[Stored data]
**********

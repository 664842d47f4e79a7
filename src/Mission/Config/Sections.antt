-- ===== src/Mission/Config/Sections.antt =====
-- config.py: the optional sections, and the ranges of the numbers.
use patrol_drone.Prelude.{
  ◌>>◌, ◌>>=◌, String, List, Result, ◌∷◌, Option, if◌then◌else◌, ok, [], ◌>>◌, not, some, ◌>>=◌,
  none, ◌&&◌,
}
use text.Mathlib.Text.{◌==◌}
use patrol_drone.Float.{Float}
use patrol_drone.Mission.Config.Yaml.{
  Fields, Yaml, ConfigError, refuse_if, refuse, get, unknown_key, null_section, entry, contains,
  within, mapping, keys, number, finite, not_mapping, out_of_range, null, no_fields,
}
use patrol_drone.Mission.Config.{MissionConfig, Waypoint, Approach, Completion, AbortConfig}

abbrev pub known_top_level_keys : List String
known_top_level_keys =
    "takeoff_alt_m" ∷ "hover_time_s" ∷ "completion" ∷ "abort" ∷ "approach" ∷ "home" ∷ "waypoints"
    ∷ []

module _ ⦃fl : Float⦄ where
  open fl use {F, milli, pi, half, le, lt}

  unfoldable pub reject_unknown_top_level_keys : Fields → Result ConfigError Unit
  reject_unknown_top_level_keys raw =
      refuse_if (not (within (keys raw) known_top_level_keys)) unknown_key

  -- The section's values as keyword arguments: a number for a field of the class, none for another key.
  unfoldable pub coerce_section_floats :
      List String → Fields → Result ConfigError (List (String × Option F))
  coerce_section_floats names no_fields = ok []
  coerce_section_floats names (entry k v fs) =
      let rest = coerce_section_floats names fs in
      if contains names k
      then (number v >>= λ x. rest >>= λ kwargs. ok ((k, some x) ∷ kwargs))
      else (rest >>= λ kwargs. ok ((k, none) ∷ kwargs))

  -- `cls(**kwargs)` raises on a key that the class does not have.
  abbrev pub bind_arguments :
      List String → List (String × Option F) → Result ConfigError (List (String × F))
  bind_arguments names [] = ok []
  bind_arguments names ((k, none) ∷ kwargs) = refuse unknown_key
  bind_arguments names ((k, some x) ∷ kwargs) = do
    rest ← bind_arguments names kwargs
    ok ((k, x) ∷ rest)

  -- `section`, from the value that the key has
  unfoldable pub section_of : List String → Yaml → Result ConfigError (List (String × F))
  section_of names null = refuse null_section
  section_of names (mapping fs) = do
    kwargs ← coerce_section_floats names fs
    bind_arguments names kwargs
  section_of names _ = refuse not_mapping

  unfoldable pub section : List String → Fields → String → Result ConfigError (List (String × F))
  section names raw key = elim (get key raw) [ none ↦ ok [] | some v ↦ section_of names v ]

  -- an argument of the constructor, or its default
  abbrev pub argument : List (String × F) → String → F → F
  argument [] key d = d
  argument ((k, x) ∷ kwargs) key d = if key == k then x else argument kwargs key d

  unfoldable pub completion_section : Fields → Result ConfigError Completion
  completion_section raw = do
    kwargs ← section ("tolerance_m" ∷ "hold_time_s" ∷ []) raw "completion"
    ok (record {
      tolerance_m = argument kwargs "tolerance_m" (milli 500);
      hold_time_s = argument kwargs "hold_time_s" (milli 2000);
    })

  unfoldable pub abort_section : Fields → Result ConfigError AbortConfig
  abort_section raw = do
    kwargs ← section ("low_battery_threshold" ∷ []) raw "abort"
    ok (record { low_battery_threshold = argument kwargs "low_battery_threshold" (milli 200) })

  unfoldable pub approach_section : Fields → Result ConfigError Approach
  approach_section raw = do
    kwargs ← section ("standoff_m" ∷ "camera_pitch_rad" ∷ []) raw "approach"
    ok (record {
      standoff_m = argument kwargs "standoff_m" (milli 3000);
      camera_pitch_rad = argument kwargs "camera_pitch_rad" (milli 350);
    })

  unfoldable pub positive : F → Result ConfigError Unit
  positive value = do x ← finite value; refuse_if (le x (milli 0)) out_of_range

  unfoldable pub non_negative : F → Result ConfigError Unit
  non_negative value = do x ← finite value; refuse_if (lt x (milli 0)) out_of_range

  unfoldable pub unit_interval : F → Result ConfigError Unit
  unit_interval value = do
    x ← finite value
    refuse_if (not (le (milli 0) x && le x (milli 1000))) out_of_range

  unfoldable pub half_turn_down : F → Result ConfigError Unit
  half_turn_down value = do
    x ← finite value
    refuse_if (not (le (milli 0) x && lt x (half pi))) out_of_range

  unfoldable pub validate_dwells : List Waypoint → Result ConfigError Unit
  validate_dwells [] = ok tt
  validate_dwells (w ∷ ws) = non_negative w.dwell_s >> validate_dwells ws

  unfoldable pub validate_semantics : MissionConfig → Result ConfigError Unit
  validate_semantics cfg = do
    positive cfg.takeoff_alt_m
    non_negative cfg.hover_time_s
    positive cfg.completion.tolerance_m
    non_negative cfg.completion.hold_time_s
    unit_interval cfg.abort.low_battery_threshold
    positive cfg.approach.standoff_m
    half_turn_down cfg.approach.camera_pitch_rad
    validate_dwells cfg.waypoints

**********

TASK TO CARRY OUT: Provide an exact transcript of the lines from the one that holds "unit_interval cfg.abort.low_battery_threshold" through the final line of the data above.

ANSWER SPACE:
    unit_interval cfg.abort.low_battery_threshold
    positive cfg.approach.standoff_m
    half_turn_down cfg.approach.camera_pitch_rad
    validate_dwells cfg.waypoints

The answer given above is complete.